→ **Work to be completed**
Copies of all lines containing the string "index" are needed from the data below.
□ □ □ □ □ □ □
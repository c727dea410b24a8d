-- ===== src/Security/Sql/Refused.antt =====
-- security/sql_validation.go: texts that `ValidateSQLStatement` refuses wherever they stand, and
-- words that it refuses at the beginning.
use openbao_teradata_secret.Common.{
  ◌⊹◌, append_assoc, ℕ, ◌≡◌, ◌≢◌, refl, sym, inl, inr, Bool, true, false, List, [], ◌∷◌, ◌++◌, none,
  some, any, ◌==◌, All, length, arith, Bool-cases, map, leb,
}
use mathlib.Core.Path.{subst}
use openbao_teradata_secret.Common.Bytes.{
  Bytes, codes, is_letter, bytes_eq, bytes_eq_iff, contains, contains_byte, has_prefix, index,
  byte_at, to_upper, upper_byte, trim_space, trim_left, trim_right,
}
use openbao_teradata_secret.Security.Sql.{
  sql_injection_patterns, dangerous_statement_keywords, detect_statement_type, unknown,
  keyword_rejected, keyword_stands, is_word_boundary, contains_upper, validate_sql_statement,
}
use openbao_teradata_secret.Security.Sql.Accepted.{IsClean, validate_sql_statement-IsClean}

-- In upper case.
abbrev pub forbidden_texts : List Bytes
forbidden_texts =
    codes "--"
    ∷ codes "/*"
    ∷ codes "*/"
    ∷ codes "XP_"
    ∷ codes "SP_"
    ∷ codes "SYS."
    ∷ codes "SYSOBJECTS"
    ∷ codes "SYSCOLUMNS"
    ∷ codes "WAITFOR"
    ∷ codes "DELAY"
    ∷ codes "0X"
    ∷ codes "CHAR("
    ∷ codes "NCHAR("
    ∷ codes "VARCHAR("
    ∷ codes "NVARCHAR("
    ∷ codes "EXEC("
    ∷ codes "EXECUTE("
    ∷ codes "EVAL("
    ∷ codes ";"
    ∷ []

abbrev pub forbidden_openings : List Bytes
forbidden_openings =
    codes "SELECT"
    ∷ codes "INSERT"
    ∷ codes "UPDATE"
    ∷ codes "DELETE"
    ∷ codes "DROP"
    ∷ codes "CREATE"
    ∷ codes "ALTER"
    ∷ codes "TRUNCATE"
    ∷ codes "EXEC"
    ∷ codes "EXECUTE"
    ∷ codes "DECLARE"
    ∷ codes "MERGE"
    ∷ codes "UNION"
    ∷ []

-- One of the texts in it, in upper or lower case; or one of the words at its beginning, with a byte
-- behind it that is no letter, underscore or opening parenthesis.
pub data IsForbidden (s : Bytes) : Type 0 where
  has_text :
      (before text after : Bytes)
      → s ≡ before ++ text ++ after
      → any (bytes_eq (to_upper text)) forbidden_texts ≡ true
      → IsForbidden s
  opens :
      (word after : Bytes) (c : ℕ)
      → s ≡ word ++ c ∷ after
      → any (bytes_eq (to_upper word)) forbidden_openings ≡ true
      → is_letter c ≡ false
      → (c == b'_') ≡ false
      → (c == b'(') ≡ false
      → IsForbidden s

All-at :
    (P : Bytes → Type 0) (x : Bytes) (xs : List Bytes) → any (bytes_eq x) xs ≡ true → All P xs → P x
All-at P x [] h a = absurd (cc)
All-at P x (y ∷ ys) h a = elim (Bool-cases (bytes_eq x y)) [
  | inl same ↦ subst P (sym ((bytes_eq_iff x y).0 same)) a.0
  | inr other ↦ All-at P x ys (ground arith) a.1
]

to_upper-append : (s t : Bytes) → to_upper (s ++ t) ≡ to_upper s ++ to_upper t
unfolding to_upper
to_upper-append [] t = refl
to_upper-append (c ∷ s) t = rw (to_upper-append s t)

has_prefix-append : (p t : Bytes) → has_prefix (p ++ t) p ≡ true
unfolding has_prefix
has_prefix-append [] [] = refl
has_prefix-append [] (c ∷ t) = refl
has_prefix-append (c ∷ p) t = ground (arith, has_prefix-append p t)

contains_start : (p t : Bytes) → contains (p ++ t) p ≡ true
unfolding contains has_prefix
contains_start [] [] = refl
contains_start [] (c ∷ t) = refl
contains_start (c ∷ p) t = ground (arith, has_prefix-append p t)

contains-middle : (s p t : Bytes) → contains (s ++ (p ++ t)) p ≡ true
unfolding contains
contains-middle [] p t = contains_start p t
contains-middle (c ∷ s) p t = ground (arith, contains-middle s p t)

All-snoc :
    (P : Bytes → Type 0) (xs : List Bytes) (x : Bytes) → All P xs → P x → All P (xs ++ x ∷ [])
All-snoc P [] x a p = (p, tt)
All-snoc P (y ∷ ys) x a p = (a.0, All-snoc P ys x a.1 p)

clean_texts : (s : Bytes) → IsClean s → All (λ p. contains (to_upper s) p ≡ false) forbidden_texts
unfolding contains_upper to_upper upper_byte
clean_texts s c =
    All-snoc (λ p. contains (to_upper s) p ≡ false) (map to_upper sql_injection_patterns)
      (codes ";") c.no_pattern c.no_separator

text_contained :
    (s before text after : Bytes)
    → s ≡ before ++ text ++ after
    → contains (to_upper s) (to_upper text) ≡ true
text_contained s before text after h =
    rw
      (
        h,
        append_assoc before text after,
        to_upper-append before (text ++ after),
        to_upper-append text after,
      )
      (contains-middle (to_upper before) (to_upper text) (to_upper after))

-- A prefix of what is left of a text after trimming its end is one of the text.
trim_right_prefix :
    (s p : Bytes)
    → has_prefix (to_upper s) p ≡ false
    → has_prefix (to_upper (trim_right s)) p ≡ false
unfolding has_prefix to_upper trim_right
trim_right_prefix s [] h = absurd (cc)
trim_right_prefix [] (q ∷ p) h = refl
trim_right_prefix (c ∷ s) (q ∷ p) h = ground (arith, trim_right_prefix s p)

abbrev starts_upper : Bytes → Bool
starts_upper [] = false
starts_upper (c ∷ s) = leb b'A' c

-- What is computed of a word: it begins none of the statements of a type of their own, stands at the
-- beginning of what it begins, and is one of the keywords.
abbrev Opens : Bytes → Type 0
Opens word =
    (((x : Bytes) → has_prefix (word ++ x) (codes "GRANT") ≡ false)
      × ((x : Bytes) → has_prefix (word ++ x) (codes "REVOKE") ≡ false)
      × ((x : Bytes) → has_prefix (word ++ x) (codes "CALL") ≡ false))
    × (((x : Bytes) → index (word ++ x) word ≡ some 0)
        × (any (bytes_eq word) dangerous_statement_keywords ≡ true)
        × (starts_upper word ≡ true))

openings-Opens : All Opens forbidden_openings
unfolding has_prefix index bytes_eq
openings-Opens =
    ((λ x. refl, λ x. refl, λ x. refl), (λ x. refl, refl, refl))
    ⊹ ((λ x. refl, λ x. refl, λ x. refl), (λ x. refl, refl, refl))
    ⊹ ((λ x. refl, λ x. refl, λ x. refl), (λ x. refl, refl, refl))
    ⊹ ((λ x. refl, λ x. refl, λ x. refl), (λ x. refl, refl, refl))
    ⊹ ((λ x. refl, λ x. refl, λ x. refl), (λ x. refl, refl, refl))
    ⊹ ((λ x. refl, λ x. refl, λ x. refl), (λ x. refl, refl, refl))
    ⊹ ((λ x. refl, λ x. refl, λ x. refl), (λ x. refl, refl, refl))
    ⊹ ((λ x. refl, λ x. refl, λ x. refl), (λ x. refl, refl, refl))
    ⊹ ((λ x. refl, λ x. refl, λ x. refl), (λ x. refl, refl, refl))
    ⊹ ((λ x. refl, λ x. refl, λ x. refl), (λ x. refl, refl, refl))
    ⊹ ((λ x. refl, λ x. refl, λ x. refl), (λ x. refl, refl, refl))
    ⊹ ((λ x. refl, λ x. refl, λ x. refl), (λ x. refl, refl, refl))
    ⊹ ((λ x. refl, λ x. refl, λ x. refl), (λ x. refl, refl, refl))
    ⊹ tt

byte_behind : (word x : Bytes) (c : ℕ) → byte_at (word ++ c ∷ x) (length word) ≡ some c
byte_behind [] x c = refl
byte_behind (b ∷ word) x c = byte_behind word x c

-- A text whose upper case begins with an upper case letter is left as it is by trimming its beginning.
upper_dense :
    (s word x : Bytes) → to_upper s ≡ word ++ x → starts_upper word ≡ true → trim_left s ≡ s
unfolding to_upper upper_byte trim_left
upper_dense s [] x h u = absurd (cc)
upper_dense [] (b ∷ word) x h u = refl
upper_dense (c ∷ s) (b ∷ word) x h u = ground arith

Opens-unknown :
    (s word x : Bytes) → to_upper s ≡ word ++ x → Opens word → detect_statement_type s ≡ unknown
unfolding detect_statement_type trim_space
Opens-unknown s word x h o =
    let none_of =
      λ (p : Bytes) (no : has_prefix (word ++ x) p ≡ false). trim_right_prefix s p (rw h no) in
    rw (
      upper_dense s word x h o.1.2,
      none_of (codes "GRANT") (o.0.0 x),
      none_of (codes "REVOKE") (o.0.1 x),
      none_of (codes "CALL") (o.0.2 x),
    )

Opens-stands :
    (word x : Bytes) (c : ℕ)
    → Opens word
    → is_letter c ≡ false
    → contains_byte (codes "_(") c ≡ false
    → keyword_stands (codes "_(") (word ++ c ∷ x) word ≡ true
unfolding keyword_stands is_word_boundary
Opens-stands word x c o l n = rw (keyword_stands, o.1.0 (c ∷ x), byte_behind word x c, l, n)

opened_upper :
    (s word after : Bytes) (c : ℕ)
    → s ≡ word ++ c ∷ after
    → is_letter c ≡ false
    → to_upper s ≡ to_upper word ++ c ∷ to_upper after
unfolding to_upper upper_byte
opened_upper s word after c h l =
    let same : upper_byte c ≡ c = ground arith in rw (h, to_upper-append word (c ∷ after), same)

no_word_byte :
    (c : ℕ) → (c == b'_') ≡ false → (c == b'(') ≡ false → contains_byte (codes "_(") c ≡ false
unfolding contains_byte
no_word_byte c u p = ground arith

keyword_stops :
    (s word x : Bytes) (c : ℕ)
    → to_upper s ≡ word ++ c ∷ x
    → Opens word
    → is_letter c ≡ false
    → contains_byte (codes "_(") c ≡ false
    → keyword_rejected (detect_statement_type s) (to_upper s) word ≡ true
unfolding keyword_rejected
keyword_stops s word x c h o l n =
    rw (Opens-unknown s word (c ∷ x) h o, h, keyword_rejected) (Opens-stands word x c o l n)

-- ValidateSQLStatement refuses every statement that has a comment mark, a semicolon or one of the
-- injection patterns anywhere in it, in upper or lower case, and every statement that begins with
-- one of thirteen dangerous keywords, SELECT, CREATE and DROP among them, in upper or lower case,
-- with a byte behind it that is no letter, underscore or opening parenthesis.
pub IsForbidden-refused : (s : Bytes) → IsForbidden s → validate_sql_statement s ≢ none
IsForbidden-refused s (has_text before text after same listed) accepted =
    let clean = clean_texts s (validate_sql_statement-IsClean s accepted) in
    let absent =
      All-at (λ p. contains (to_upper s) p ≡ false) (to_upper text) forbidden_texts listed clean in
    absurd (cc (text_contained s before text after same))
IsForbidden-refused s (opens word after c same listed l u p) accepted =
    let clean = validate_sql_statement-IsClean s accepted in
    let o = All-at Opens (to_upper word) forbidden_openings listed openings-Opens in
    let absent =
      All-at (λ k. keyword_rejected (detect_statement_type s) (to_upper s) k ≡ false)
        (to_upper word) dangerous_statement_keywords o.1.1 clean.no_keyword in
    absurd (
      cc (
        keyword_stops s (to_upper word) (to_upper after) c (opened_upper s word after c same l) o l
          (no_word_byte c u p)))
□ □ □ □ □ □ □
→ **Written answer**
  Bytes, codes, is_letter, bytes_eq, bytes_eq_iff, contains, contains_byte, has_prefix, index,
    × (((x : Bytes) → index (word ++ x) word ≡ some 0)
unfolding has_prefix index bytes_eq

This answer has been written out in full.